13.05.2010 | aktual.: 01.10.2010 12:39
Na przykład firma Smartszop - jeden z dystrybutorów dopalaczy - otworzyła w Łódzkiem już 21 sklepów, a w woj. małopolskim i świętokrzyskim zaledwie po trzy. Dlatego nauczyciele, strażnicy miejscy, radni, a nawet księża z Łódzkiego wypowiadają wojnę dopalaczom.
Klienci toksykologii
O tym, że trzeba uważać na te substancje, alarmują lekarze. Zbigniew Wawrzyniak, ordynator oddziału detoksykacji szpitala psychiatrycznego w Łodzi, do którego trafia na odtrucie młodzież z całego woj. łódzkiego, uważa, że tzw. dopalacze są groźniejsze od znanych narkotyków, bo trudniej je rozpoznać i odtruć.
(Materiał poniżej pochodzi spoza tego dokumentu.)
-- ===== src/Numeric/Rational/Fractions.antt =====
-- Fractions as triples of natural numbers, and the relation of being the same number.
use Prim.Native.Nat.{ℕ, zero, suc, ◌+◌, ◌-◌, ◌*◌, ◌^◌, ◌<◌}
use mathlib.Core.Path.{◌≡◌, ap}
use mathlib.Core.Bool.{Bool}
use native.Mathlib.Omega.{arith}
use native.Mathlib.Nat.{
  zero-lt-suc, pow-suc, mul-pos, eq_of_mul-eq-mul_right, mul-lt-mul_of_pos_right,
  lt_of_mul-lt-mul_right,
}
use native.Mathlib.Decide.{dec_lt}
use pmt.Prelude.Tests.{ltb}

pub record Fraction : Type 0 where
  pub up : ℕ
  pub down : ℕ
  pub scale : ℕ
  pub scale_pos : 0 < scale

infix 4 ◌≈◌
abbrev pub ◌≈◌ : Fraction → Fraction → Type 0
x ≈ y = x.up * y.scale + y.down * x.scale ≡ y.up * x.scale + x.down * y.scale

abbrev pub sum_of : Fraction → Fraction → Fraction
sum_of x y = record {
  scale_pos = mul-pos x.scale_pos y.scale_pos;
  scale = x.scale * y.scale;
  up = x.up * y.scale + y.up * x.scale;
  down = x.down * y.scale + y.down * x.scale;
}

abbrev pub product_of : Fraction → Fraction → Fraction
product_of x y = record {
  up = x.up * y.up + x.down * y.down;
  down = x.up * y.down + x.down * y.up;
  scale = x.scale * y.scale;
  scale_pos = mul-pos x.scale_pos y.scale_pos;
}

abbrev pub opposite : Fraction → Fraction
opposite x = record { up = x.down; down = x.up; scale = x.scale; scale_pos = x.scale_pos }

abbrev pub below : Fraction → Fraction → Bool
below x y = ltb (x.up * y.scale + y.down * x.scale) (y.up * x.scale + x.down * y.scale)

pub same_number : (x y z : Fraction) → x ≈ y → y ≈ z → x ≈ z
same_number x y z p q =
    eq_of_mul-eq-mul_right y.scale y.scale_pos _ _
      (omega (arith, ap (λ (t : ℕ). t * z.scale) p, ap (λ (t : ℕ). t * x.scale) q))

pub sum_respects : (x v y w : Fraction) → x ≈ v → y ≈ w → sum_of x y ≈ sum_of v w
sum_respects x v y w p q =
    omega
      (arith, ap (λ (t : ℕ). t * (y.scale * w.scale)) p, ap (λ (t : ℕ). t * (x.scale * v.scale)) q)

product_respects_left : (x v y : Fraction) → x ≈ v → product_of x y ≈ product_of v y
product_respects_left x v y p =
    omega (arith, ap (λ (t : ℕ). t * (y.scale * y.up)) p, ap (λ (t : ℕ). t * (y.scale * y.down)) p)

product_respects_right : (x y w : Fraction) → y ≈ w → product_of x y ≈ product_of x w
product_respects_right x y w p =
    omega (arith, ap (λ (t : ℕ). t * (x.scale * x.up)) p, ap (λ (t : ℕ). t * (x.scale * x.down)) p)

pub product_respects : (x v y w : Fraction) → x ≈ v → y ≈ w → product_of x y ≈ product_of v w
product_respects x v y w p q =
    same_number (product_of x y) (product_of v y) (product_of v w) (product_respects_left x v y p)
      (product_respects_right v y w q)

lt_scaled : (a b a' b' k k' : ℕ) → 0 < k → a * k + b' * k' ≡ b * k + a' * k' → a < b → a' < b'
lt_scaled a b a' b' k k' h e l =
    let scaled : a * k < b * k = mul-lt-mul_of_pos_right l h in
    lt_of_mul-lt-mul_right k' (omega arith)

ltb_of_iff : (a b a' b' : ℕ) → (a < b → a' < b') → (a' < b' → a < b) → ltb a b ≡ ltb a' b'
ltb_of_iff a b a' b' f g = ground arith

-- A test of two scaled numbers is the test of the numbers.
ltb_scaled :
    (a b a' b' k k' : ℕ) → 0 < k → 0 < k' → a * k + b' * k' ≡ b * k + a' * k' → ltb a b ≡ ltb a' b'
ltb_scaled a b a' b' k k' h h' e =
    ltb_of_iff a b a' b' (lt_scaled a b a' b' k k' h e) (lt_scaled a' b' a b k' k h' (omega arith))

pub below_respects : (x v y w : Fraction) → x ≈ v → y ≈ w → below x y ≡ below v w
below_respects x v y w p q =
    ltb_scaled _ _ _ _ (v.scale * w.scale) (x.scale * y.scale) (mul-pos v.scale_pos w.scale_pos)
      (mul-pos x.scale_pos y.scale_pos)
      (omega (
        arith,
        ap (λ (t : ℕ). t * (y.scale * w.scale)) p,
        ap (λ (t : ℕ). t * (x.scale * v.scale)) q,
      ))

abbrev pub zero_fraction : Fraction
zero_fraction = record { up = 0; down = 0; scale = 1; scale_pos = zero-lt-suc 0 }

pub gap_pos : (a b : ℕ) → a < b → 0 < b - a
gap_pos a b h = omega arith

-- The inverse of a number that is not zero; that of zero is zero.
unfoldable pub inverse : Fraction → Fraction
unfolding dec_lt
inverse x = elim (dec_lt x.down x.up) [
  | yes h ↦ record {
    up = x.scale;
    down = 0;
    scale = x.up - x.down;
    scale_pos = gap_pos x.down x.up h;
  }
  | no n ↦ elim (dec_lt x.up x.down) [
    | yes h ↦ record {
      up = 0;
      down = x.scale;
      scale = x.down - x.up;
      scale_pos = gap_pos x.up x.down h;
    }
    | no m ↦ zero_fraction
  ]
]

gap_scaled :
    (u d u' d' m m' : ℕ)
    → d < u
    → d' < u'
    → u * m' + d' * m ≡ u' * m + d * m'
    → m * (u' - d') ≡ m' * (u - d)
gap_scaled u d u' d' m m' h h' e =
    let left : u ≡ d + (u - d) = omega arith in
    let right : u' ≡ d' + (u' - d') = omega arith in
    omega (arith, ap (λ (t : ℕ). t * m') left, ap (λ (t : ℕ). t * m) right)

pub inverse_congr : (x v : Fraction) → x ≈ v → inverse x ≈ inverse v
unfolding inverse
inverse_congr x v e =
    let up_lt : x.down < x.up → v.down < v.up =
      lt_scaled x.down x.up v.down v.up v.scale x.scale v.scale_pos (omega arith) in
    let up_gt : v.down < v.up → x.down < x.up =
      lt_scaled v.down v.up x.down x.up x.scale v.scale x.scale_pos (omega arith) in
    let down_lt : x.up < x.down → v.up < v.down =
      lt_scaled x.up x.down v.up v.down v.scale x.scale v.scale_pos (omega arith) in
    let down_gt : v.up < v.down → x.up < x.down =
      lt_scaled v.up v.down x.up x.down x.scale v.scale x.scale_pos (omega arith) in
    ground (
      arith,
      gap_scaled x.up x.down v.up v.down x.scale v.scale,
      gap_scaled x.down x.up v.down v.up x.scale v.scale,
      up_lt,
      up_gt,
      down_lt,
      down_gt,
    )

pub opposite_congr : (x v : Fraction) → x ≈ v → opposite x ≈ opposite v
opposite_congr x v p = omega arith

pub power_pos : (k : ℕ) → 0 < 10 ^ k
power_pos zero = omega arith
power_pos (suc k) = simp pow-suc (omega (arith, power_pos k))
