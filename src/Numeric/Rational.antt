-- ===== src/Numeric/Rational.antt =====
-- The rational numbers: exact arithmetic, with which the laws of `Order` and `Exact` are met and
-- the definitions run. A fraction is (up - down) / scale, and two are one number if they agree after
-- cross-multiplication.
pub mod Fractions
pub mod Laws
use Prim.Native.Nat.{◌^◌}
use mathlib.Core.Quot
use mathlib.Core.Quot.{Quot, Quot-set}
use pmt.Prelude.{ℕ, ◌≡◌, refl, Bool}
use pmt.Numeric.{Numeric}
use Fractions.{
  Fraction, ◌≈◌, sum_of, sum_respects, product_of, product_respects, opposite, below,
  below_respects, inverse, inverse_congr, opposite_congr, power_pos,
}

abbrev pub ℚ : Type 0
ℚ = Quot ◌≈◌

abbrev pub mk : Fraction → ℚ
mk x = Quot.mk x

pub Bool_is_set : IsSet Bool
Bool_is_set = hlevel

pub ℚ_is_set : IsSet ℚ
ℚ_is_set = Quot-set

module _ {B : Type 0} (set : IsSet B) (f : Fraction → Fraction → B)
    (congr : (x v y w : Fraction) → x ≈ v → y ≈ w → f x y ≡ f v w) where
  unfoldable pub fixed : Fraction → ℚ → B
  fixed x = Quot.lift set (f x) (λ y w q. congr x x y w refl q)

  pub fixed_congr : (x v : Fraction) → x ≈ v → (b : ℚ) → fixed x b ≡ fixed v b
  unfolding fixed
  fixed_congr x v p = Quot.ind (λ b. set _ _) (λ y. congr x v y y p refl)

  -- A function of two numbers that respects the relation.
  unfoldable pub lift₂ : ℚ → ℚ → B
  unfolding fixed
  lift₂ a b = Quot.lift set (λ x. fixed x b) (λ x v p. fixed_congr x v p b) a

unfoldable pub add : ℚ → ℚ → ℚ
unfolding lift₂
add = lift₂ ℚ_is_set (λ x y. mk (sum_of x y)) (λ x v y w p q. Quot.sound (sum_respects x v y w p q))

unfoldable pub mul : ℚ → ℚ → ℚ
unfolding lift₂
mul =
    lift₂ ℚ_is_set (λ x y. mk (product_of x y))
      (λ x v y w p q. Quot.sound (product_respects x v y w p q))

unfoldable pub neg : ℚ → ℚ
neg = Quot.lift ℚ_is_set (λ x. mk (opposite x)) (λ x v p. Quot.sound (opposite_congr x v p))

unfoldable pub inv : ℚ → ℚ
inv = Quot.lift ℚ_is_set (λ x. mk (inverse x)) (λ x v p. Quot.sound (inverse_congr x v p))

unfoldable pub lt : ℚ → ℚ → Bool
unfolding lift₂
lt = lift₂ Bool_is_set below below_respects

-- `n / 10 ^ k`
abbrev pub decimal : ℕ → ℕ → Fraction
decimal n k = record { up = n; down = 0; scale = 10 ^ k; scale_pos = power_pos k }

instance abbrev pub rational : Numeric ℚ
rational = record {
  lit = λ n k. mk (decimal n k);
  plus = add;
  minus = λ a b. add a (neg b);
  times = mul;
  over = λ a b. mul a (inv b);
  negate = neg;
  less = lt;
}
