-- ===== src/Lib.antt =====
-- A model of the Go library go.e43.eu/xdr, which encodes Go values by the rules of RFC 4506 (XDR)
-- and decodes them again, with the theorems that make it correct.
--
-- The program's parts. A coder (internal/coder/coder.go) turns a Go type and a struct tag into a
-- codec; codecs for composite types hold codecs for their parts. To encode, `Marshal` and `Write`
-- hand a codec an encoder (internal/coder/encoder.go) that writes the primitives to an `io.Writer`;
-- to decode, `Unmarshal` and `Read` hand it a decoder (internal/coder/decoder.go) over an
-- `io.Reader`. Struct tags are parsed into byte strings (internal/tags/tags.go), errors carry the path
-- to the field at fault (internal/errors/errors.go), and the body of an opaque can be read as a
-- stream (internal/coder/opaquereader.go).
--
-- Which file models which part:
--   Types       the part of `reflect.Type` that the library inspects
--   Errors      internal/errors/errors.go; Errors/Paths proves what wrapping keeps, and
--               Errors/Texts has the texts of errors
--   Io          `io.Writer`, `io.Reader` and `io.ReadFull`, and how a call ends
--   Encoder     the primitives of internal/coder/encoder.go; Encoder/Wire describes the bytes
--               independently, Encoder/Emits relates the two, Encoder/Buffer is the buffer of
--               `Marshal`, Encoder/Limits has the limit on counted runs, Encoder/Cache the cache of
--               codecs of `EncodeValue`
--   Decoder     the primitives of internal/coder/decoder.go; Decoder/Reads and Decoder/RoundTrip
--               read back what the encoder writes, Decoder/Truncated is about input that ends early
--   OpaqueReader  internal/coder/opaquereader.go; OpaqueReader/Sessions has whole sessions,
--               OpaqueReader/WriteTo is `WriteTo` and OpaqueReader/Passing about it
--   Tags        internal/tags/tags.go; Tags/Entries is the abstract view of a tag as
--               a list of entries, which Tags/Accessors and Tags/Trim refine. Tags/Parse is `ParseTag`;
--               Tags/Layers says what a tag may say of a type, Tags/Parsing, Tags/Outcomes and
--               Tags/Sound prove it of what `ParseTag` accepts, and Tags/Print, Tags/Ink and
--               Tags/Complete read back what is written out. Tags/Text and Tags/Printed are about
--               `String`
--   Values      Go values, as `reflect.Value` and as memory
--   Codecs      internal/coder/codec_*.go: the codecs as data. Codecs/EncodeUnsafe and
--               Codecs/DecodeUnsafe are `encodeUnsafe` and `decodeUnsafe`; Codecs/EncodeReflect and
--               Codecs/DecodeReflect are `Encode` and `Decode` in the default and the nounsafe
--               build; Codecs/Access and Codecs/Stores are how they get at values and store them;
--               Codecs/Encode and Codecs/Decode tie the knot through placeholders. Codecs/Make is
--               `buildCodec` of internal/coder/coder.go with the constructors of codecs, and
--               Codecs/MakesStrings and Codecs/Making say what comes of them. Codecs/MakeStruct is
--               `makeStructCodec`, Codecs/UnionArms and Codecs/UnionCases say where the cases of a
--               union codec lead, and Codecs/StructMaking and Codecs/StructPanics when it panics.
--               Codecs/MapCodec is internal/coder/codec_map.go, with Codecs/MapRoundTrip and
--               Codecs/MapLimits.
--               Codecs/Wire describes the format of RFC 4506 as an inductive relation, and
--               Codecs/Fits the memory that a value can be decoded to. Codecs/EmitsUnsafe,
--               Codecs/EmitsReflect and Codecs/Encoding prove the encoders against the relation,
--               and Codecs/Decodes, Codecs/DecodesPrimitives, Codecs/DecodesUnsafe,
--               Codecs/DecodesReflect and Codecs/Decoding the decoders. Codecs/Permits says where
--               `reflect` permits what both do
--   Coder       the memos of internal/coder/coder.go and the wrapping of internal/coder/codec_unsafe.go;
--               Coder/Memos and Coder/Calls say what a call does to them, Coder/Lookups what holds over
--               calls that return and after a panic, Coder/Ends that constructions end, and Coder/Register and
--               Coder/Registering are about `RegisterCodecReflect`
--   Marshal     `Marshal`, `Unmarshal` and `Read` of internal/coder/coder.go, with `Encode` and `Decode`
--               of the encoder and the decoder; Marshal/RoundTrip goes there and back. Marshal/Write is
--               `Write`, and Marshal/Writes about it
--   Bufio       Go's `bufio.Writer`, which `Write` uses, with Bufio/Laws
--
-- How state and operations correspond. A method of the encoder is a function from the writer's state
-- to a result with the new state; a method of the decoder takes the reader's state and returns a
-- value, an error and the new state, since Go returns a value beside an error. A Go panic, a read of
-- memory at another type, a wait that nobody ends and fuel used up are results of their own.
-- The writer, float conversion, marshalers and registered codecs are not part of the repository, and
-- are parameters: `Writer` with the laws `WriterLaws`, and `Host`. So is the order in which a Go map is
-- iterated over.
--
-- Integers are natural numbers that stand for bit patterns, with the wrap-around written out. Lengths
-- are natural numbers; `max_int` is the largest `int` where the code compares with it.
--
-- Fuel and bounds. `Trimmed` runs on the length of the tag, which is enough since every entry has a
-- byte. A codec is called through placeholders for the types in a cycle: the fuel bounds how many
-- placeholders are passed on the way down, and `depth` of a value's description is enough.
--
-- Struct tags are ASCII texts, given as the value of their `xdr` key. The parts of the packages strings and
-- strconv that parse them, as of Go 1.13 and later, are in Prelude/Texts.
--
-- The theorems on decoding codecs take an `int` that holds any 32-bit length, as on 64-bit platforms.
--
-- `getCodec` has fuel for nested constructions: the number of types and tags in reach is enough. What
-- a construction asks the coder for is an argument there, while in Codecs/Make it asks a function.
--
-- A `reflect.Value` has the two flags that matter here: whether it has an address, and whether it is
-- read-only since it was obtained by way of an unexported field, one whose name does not begin with a
-- capital ASCII letter. Setting a read-only value is a panic, copying it by `Set` too, and `Interface` of
-- it. A struct type is taken to embed no type with an unexported name, for which the rule is another.
-- A registered codec is given the value without its flags.
--
-- Not modelled: calls of a coder from several goroutines, opaque slices of `int8` on decoding, the
-- pools of encoders and decoders, and interfaces/interfaces.go and interface.go, which declare
-- interfaces. The map codec is no constructor of the data type of codecs.
pub mod Prelude
pub mod Types
pub mod Errors
pub mod Io
pub mod Encoder
pub mod Decoder
pub mod OpaqueReader
pub mod Tags
pub mod Values
pub mod Bufio
pub mod Codecs
pub mod Coder
pub mod Marshal
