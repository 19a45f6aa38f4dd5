-- ===== src/Types.antt =====
-- The part of Go's `reflect.Type` that the library inspects: kinds, element types and struct
-- fields. A declared (named) type is an identity with a declaration in the program's environment,
-- so types may refer to one another in cycles.
pub mod Identity
use xdr.Prelude.{ℕ, Bool, Text}

-- `reflect.Kind`.
pub data Kind : Type 0 where
  invalid bool int int8 int16 int32 int64 uint uint8 uint16 uint32 uint64 uintptr : Kind
  float32 float64 complex64 complex128 array chan func interface map ptr slice string : Kind
  struct unsafe_pointer : Kind

-- The kinds of the predeclared types, which have no elements.
pub data Basic : Type 0 where
  bool int int8 int16 int32 int64 uint uint8 uint16 uint32 uint64 uintptr : Basic
  float32 float64 complex64 complex128 chan func interface string unsafe_pointer : Basic

mutual
  pub data GoType : Type 0 where
    basic : Basic → GoType
    ptr : GoType → GoType
    slice : GoType → GoType
    array : ℕ → GoType → GoType
    map : GoType → GoType → GoType
    struct : StructFields → GoType
    named : ℕ → GoType

  -- A field's name, type and the value of its `xdr` struct tag.
  pub data StructFields : Type 0 where
    no_fields : StructFields
    struct_field : Text → GoType → Text → StructFields → StructFields

-- What a type declaration says: the name, the underlying type (never a named one), and whether
-- the type has the methods of `Marshaler`.
pub record TypeDecl : Type 0 where
  pub name : Text
  pub underlying : GoType
  pub is_marshaler : Bool

abbrev pub TypeEnv : Type 0
TypeEnv = ℕ → TypeDecl

abbrev pub underlying : TypeEnv → GoType → GoType
underlying env (named i) = (env i).underlying
underlying env t = t

abbrev basic_kind : Basic → Kind
basic_kind Basic.bool = Kind.bool
basic_kind Basic.int = Kind.int
basic_kind Basic.int8 = Kind.int8
basic_kind Basic.int16 = Kind.int16
basic_kind Basic.int32 = Kind.int32
basic_kind Basic.int64 = Kind.int64
basic_kind Basic.uint = Kind.uint
basic_kind Basic.uint8 = Kind.uint8
basic_kind Basic.uint16 = Kind.uint16
basic_kind Basic.uint32 = Kind.uint32
basic_kind Basic.uint64 = Kind.uint64
basic_kind Basic.uintptr = Kind.uintptr
basic_kind Basic.float32 = Kind.float32
basic_kind Basic.float64 = Kind.float64
basic_kind Basic.complex64 = Kind.complex64
basic_kind Basic.complex128 = Kind.complex128
basic_kind Basic.chan = Kind.chan
basic_kind Basic.func = Kind.func
basic_kind Basic.interface = Kind.interface
basic_kind Basic.string = Kind.string
basic_kind Basic.unsafe_pointer = Kind.unsafe_pointer

abbrev shape_kind : GoType → Kind
shape_kind (basic b) = basic_kind b
shape_kind (ptr t) = Kind.ptr
shape_kind (slice t) = Kind.slice
shape_kind (array n t) = Kind.array
shape_kind (map k v) = Kind.map
shape_kind (struct fs) = Kind.struct
shape_kind (named i) = Kind.invalid

-- `t.Kind()`.
abbrev pub kind : TypeEnv → GoType → Kind
kind env t = shape_kind (underlying env t)
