-- ===== src/Errors.antt =====
-- internal/errors/errors.go: the error values of the library, the `Is` test on them, and the
-- paths that struct and union codecs put round an error.
pub mod Paths
pub mod Texts
mod Runs
use xdr.Prelude.{
  ℕ, ◌<◌, Bool, true, false, Option, none, some, List, [], ◌∷◌, ◌++◌, ltb, if◌then◌else◌, Text,
  codes, text_eq,
}
use xdr.Types.{GoType}

-- The constants of type `xerror`.
pub data XError : Type 0 where
  length_exceeds_max : XError
  length_exceeds_platform_limit : XError
  length_incorrect : XError
  union_switch_arm_undefined : XError
  not_pointer : XError
  invalid_value : XError
  nil_pointer : XError

-- What a reader or a writer fails with: `io.EOF`, `io.ErrUnexpectedEOF`, or an error of its own.
pub data IoError : Type 0 where
  eof unexpected_eof : IoError
  other : ℕ → IoError

-- A Go `error` that is not nil. `plain` is an error made by `errors.New` or `fmt.Errorf`.
pub data Err : Type 0 where
  xerror : XError → Err
  invalid_type_error : GoType → Err
  invalid_tag_for_type_error : GoType → List ℕ → Err
  length_error : ℕ → ℕ → Err
  field_error : Err → Text → Err
  io_error : IoError → Err
  plain : Text → Err

abbrev pub xerror_eq : XError → XError → Bool
xerror_eq length_exceeds_max length_exceeds_max = true
xerror_eq length_exceeds_platform_limit length_exceeds_platform_limit = true
xerror_eq length_incorrect length_incorrect = true
xerror_eq union_switch_arm_undefined union_switch_arm_undefined = true
xerror_eq not_pointer not_pointer = true
xerror_eq invalid_value invalid_value = true
xerror_eq nil_pointer nil_pointer = true
xerror_eq _ _ = false

-- `LengthError.Is`; `max_int` is the largest `int` of the platform.
unfoldable pub length_error_is : ℕ → ℕ → ℕ → XError → Bool
length_error_is max_int actual max length_exceeds_max = ltb max actual
length_error_is max_int actual max length_exceeds_platform_limit = ltb max_int actual
length_error_is max_int actual max _ = false

-- `FieldError.Unwrap`; the other errors have no such method.
unfoldable pub unwrap : Err → Option Err
unwrap (field_error underlying path) = some underlying
unwrap _ = none

-- `errors.Is(err, target)` at one of the constants: equality, the error's `Is`, then the same of
-- what `Unwrap` gives.
unfoldable pub is_error : ℕ → Err → XError → Bool
unfolding length_error_is
is_error max_int (xerror x) target = xerror_eq x target
is_error max_int (length_error actual max) target = length_error_is max_int actual max target
is_error max_int (field_error underlying path) target = is_error max_int underlying target
is_error max_int _ target = false

abbrev pub anonymous : Text → Text
anonymous [] = codes "<anonymous>"
anonymous (c ∷ cs) = c ∷ cs

-- `strings.Join(parts, sep)`.
abbrev pub join : Text → List Text → Text
join sep [] = []
join sep (p ∷ []) = p
join sep (p ∷ q ∷ ps) = p ++ (sep ++ join sep (q ∷ ps))

-- The text of the path's new component; the first part is never absent.
unfoldable pub combined : Text → List Text → Text
combined first [] = anonymous first
combined first (second ∷ third ∷ []) =
    anonymous first ++ (codes "." ++ (second ++ (codes "(" ++ (third ++ codes ")"))))
combined first rest = join (codes ".") (anonymous first ∷ rest)

unfoldable pub add_path : Text → Err → Err
add_path part (field_error underlying path) = field_error underlying (part ++ (codes " " ++ path))
add_path part e = field_error e part

-- `WithFieldError` of an error that is not nil.
unfoldable pub located : Text → List Text → Err → Err
unfolding combined add_path
located first rest e = add_path (combined first rest) e

-- `WithFieldError(err, parts...)`.
unfoldable pub with_field_error : Option Err → Text → List Text → Option Err
unfolding located
with_field_error none first rest = none
with_field_error (some e) first rest = some (located first rest e)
W ubiegłym tygodniu na oddział toksykologii w Instytucie Medycyny Pracy w Łodzi trafiło troje łodzian. Żaden nie miał nawet 20 lat. Mieli fobie, stany lękowe, zaburzenia świadomości i halucynacje. - Chłopcy wciągali specyfik zwany kokolino. Ta substancja powoduje ostatnio największe spustoszenie w Łodzi. W tygodniu mamy już kilkanaście przypadków zatruć po dopalaczach. Najgorzej kończy się eksperymentowanie z dopalaczami i amfetaminą lub marihuaną łącznie. Młodzież chce mocniejszych doznań, łączy używki, a potem ląduje na odtruciu - mówi nam dr Zbigniew Kołaciński z oddziału toksykologii IMP w Łodzi. - Trafiają do nas coraz młodsi i to oni są w najcięższym stanie.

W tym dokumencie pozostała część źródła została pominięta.